BobbGott hat gesagt.:


> Wenn ich nun aber mein TextField hinzufüge, ist die Hintergrundfarbe immer das Basic grau. Wenn ich es nicht adde erscheint das gewollte Gelb.


Wessen Hintergrundfarbe ist dann diese basic grau? Vom Panel oder Textfield?



BobbGott hat gesagt.:


> Wie schaffe ich das, dass ich Text vor dem Gelb (später ein Bild) ?


Wie schaffst du was genau? Die Frage ist unverständlich  irgendwas fehlt da.

Warum fügst du dem Fenster Objekt das Textfield hinzu und nicht dem Panel?


----------



## BobbGott (26. Jan 2017)

> Wessen Hintergrundfarbe ist dann diese basic grau? Vom Panel oder Textfield?

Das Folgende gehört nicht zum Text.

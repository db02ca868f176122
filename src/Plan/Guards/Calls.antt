-- ===== src/Plan/Guards/Calls.antt =====
-- Which texts and calls the guards let through.
use soroban_upgrades.Base.{
  String, Bool, true, false, not, ◌≡◌, refl, sym, ◌↔◌, Option, none, some, List, [], ◌∷◌, In, arith,
  subst,
}
use soroban_upgrades.Base.Order.{string_ord}
use soroban_upgrades.Base.BTreeMap
use soroban_upgrades.Base.BTreeMap.{BTreeMap}
use soroban_upgrades.Base.BTreeSet
use soroban_upgrades.Base.Result.{Error, Result, ok, err, ◌>>=◌, ok_or, collect}
use soroban_upgrades.Base.Guards.{◌then◌, unless, meaning, each, bind}
use soroban_upgrades.Json.Value.{Value}
use soroban_upgrades.Artifact.{Artifact, InterfaceEntry}
use soroban_upgrades.Plan.External.{PlanExternal}
use soroban_upgrades.Plan.Secret.{contains_stellar_private_key}
use soroban_upgrades.Plan.Guards.{validate_call_arguments, function_inputs, input_name, same_names}
use soroban_upgrades.Plan.Create.Ready.{same_names_iff}

-- Each declared input of a function has a name, and these are the names.
abbrev pub AreNamed : List Value → List String → Type 0
AreNamed [] [] = Unit
AreNamed (input ∷ inputs) (name ∷ names) = (input_name input ≡ some name) × AreNamed inputs names
AreNamed _ _ = ⊥

-- A call of an entrypoint supplies exactly the declared inputs, in whatever order they are declared.
pub record IsCallOf (x : PlanExternal) (target : Artifact) (entrypoint : String)
    (arguments : BTreeMap String) : Type 0 where
  pub function : InterfaceEntry
  pub is_exported : BTreeMap.get entrypoint target.functions ≡ some function
  pub inputs : List Value
  pub has_inputs : function_inputs function ≡ some inputs
  pub names : List String
  pub are_named : AreNamed inputs names
  pub supplies : (name : String) → In name names ↔ In name (BTreeMap.keys arguments)
  pub no_key :
      (value : String)
      → In value (BTreeMap.values arguments)
      → contains_stellar_private_key x value ≡ false

collected_iff :
    (e : Error) (o : Option String) (r : Result (List String)) (n : String) (names : List String)
    → ((ok_or o e >>= λ b. r >>= λ bs. ok (b ∷ bs)) ≡ ok (n ∷ names))
      ↔ ((o ≡ some n) × (r ≡ ok names))
collected_iff e none r n names = ground arith
collected_iff e (some b) (ok bs) n names = ground arith
collected_iff e (some b) (err f) n names = ground arith

collected_nonempty :
    (e : Error) (o : Option String) (r : Result (List String))
    → (ok_or o e >>= λ b. r >>= λ bs. ok (b ∷ bs)) ≡ ok []
    → ⊥
collected_nonempty e none r h = absurd (ground arith)
collected_nonempty e (some b) (ok bs) h = absurd (ground arith)
collected_nonempty e (some b) (err f) h = absurd (ground arith)

named_iff :
    (e : Error) (inputs : List Value) (names : List String)
    → (collect (λ input. ok_or (input_name input) e) inputs ≡ ok names) ↔ AreNamed inputs names
named_iff e [] [] = ground arith
named_iff e [] (n ∷ names) = ground arith
named_iff e (i ∷ inputs) [] = (
  collected_nonempty e (input_name i) (collect (λ input. ok_or (input_name input) e) inputs),
  λ h. absurd h,
)
named_iff e (i ∷ inputs) (n ∷ names) =
    let (f, g) =
      collected_iff e (input_name i) (collect (λ input. ok_or (input_name input) e) inputs) n
        names in
    let (h, k) = named_iff e inputs names in
    (λ r. let (a, b) = f r in (a, h b), λ (a, b). g (a, k b))

same_sets :
    (a b : List String)
    → (BTreeSet.collect a ≡ BTreeSet.collect b) ↔ ((s : String) → In s a ↔ In s b)
same_sets a b = (
  λ e s. (
    λ m. (BTreeSet.In-collect s b).0 (subst (In s) e ((BTreeSet.In-collect s a).1 m)),
    λ m. (BTreeSet.In-collect s a).0 (subst (In s) (sym e) ((BTreeSet.In-collect s b).1 m)),
  ),
  λ h.
      BTreeSet.eq_of_same_members (BTreeSet.collect a) (BTreeSet.collect b)
        (BTreeSet.collect-IsSorted a) (BTreeSet.collect-IsSorted b)
        (λ s. (
          λ m. (BTreeSet.In-collect s b).1 ((h s).0 ((BTreeSet.In-collect s a).0 m)),
          λ m. (BTreeSet.In-collect s a).1 ((h s).1 ((BTreeSet.In-collect s b).0 m)),
        )),
)

ok_or-eq-ok : {A : Type 0} (o : Option A) (e : Error) (a : A) → ok_or o e ≡ ok a → o ≡ some a
ok_or-eq-ok none e a h = cc
ok_or-eq-ok (some b) e a h = cc

ok_or-some : {A : Type 0} (o : Option A) (e : Error) (a : A) → o ≡ some a → ok_or o e ≡ ok a
ok_or-some o e a h = rw h refl

not-false_iff : {P : Type 0} (b : Bool) → (b ≡ true) ↔ P → (not b ≡ false) ↔ P
not-false_iff b p = ground arith

-- For every call, the test succeeds exactly where the entrypoint is exported, all its inputs have
-- names, the arguments are for exactly these, and no value has a private key in it.
pub validate_call_arguments_iff :
    (x : PlanExternal) (target : Artifact) (entrypoint : String) (arguments : BTreeMap String)
    (call_kind : String)
    → (validate_call_arguments x target entrypoint arguments call_kind ≡ ok tt)
      ↔ IsCallOf x target entrypoint arguments
unfolding validate_call_arguments
validate_call_arguments_iff x target entrypoint arguments call_kind =
    let tests = bind (ok_or (BTreeMap.get entrypoint target.functions) _) (λ function.
      bind (ok_or (function_inputs function) _) (λ inputs.
        bind (collect (λ input. ok_or (input_name input) _) inputs) (λ names.
          meaning
            (not-false_iff
              (same_names (BTreeSet.collect names) (BTreeSet.collect (BTreeMap.keys arguments)))
              (same_names_iff (BTreeSet.collect names)
                (BTreeSet.collect (BTreeMap.keys arguments))))
            (unless
              (not
                (same_names (BTreeSet.collect names) (BTreeSet.collect (BTreeMap.keys arguments))))
              _)
          then each (λ value. unless (contains_stellar_private_key x value) _)
              (BTreeMap.values arguments)))) in
    (
      λ h.
          let (f, ef, (is, ei, (ns, en, (same, keys)))) = tests.iff.0 h in
          record {
            function = f;
            is_exported = ok_or-eq-ok _ _ f ef;
            inputs = is;
            has_inputs = ok_or-eq-ok _ _ is ei;
            names = ns;
            are_named = (named_iff _ is ns).0 en;
            supplies = (same_sets ns (BTreeMap.keys arguments)).0 same;
            no_key = keys;
          },
      λ c. tests.iff.1 (
        c.function,
        ok_or-some _ _ c.function c.is_exported,
        (
          c.inputs,
          ok_or-some _ _ c.inputs c.has_inputs,
          (
            c.names,
            (named_iff _ c.inputs c.names).1 c.are_named,
            ((same_sets c.names (BTreeMap.keys arguments)).1 c.supplies, c.no_key),
          ),
        ),
      ),
    )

Die Grundfarbe vom JFrame über Eclipse auf Linux gestartet. Hat immer so ein LightGrey - wenn kein Inhalt vorhanden oder Background gesetzt ist.



> Wie schaffst du was genau? Die Frage ist unverständlich


 - meinte natürlich, wie schaffe ich es, dass der Text vor dem Hintergrund steht aber beide sichtbar sind (Text "auf" dem Hintergrundbild/farbe)



> Warum fügst du dem Fenster Objekt das Textfield hinzu und nicht dem Panel?


Ist mein erstes richtige GUI/Swing/Java Projekt und da noch feucht hinter den Ohren. In Meiner Unendlichen Weisheit kam die Vorstellung auf, dass wie bei Photoshop die Ebenen so sind.
Habe es jetzt mal dem Panel hinzugefügt und das gleiche Problem wie vorher, bloß andersum.
Ich sehe nun den Gelben Hintergrund, aber die Schrift erscheint nicht auf Befehl -> sozusagen "dahinter"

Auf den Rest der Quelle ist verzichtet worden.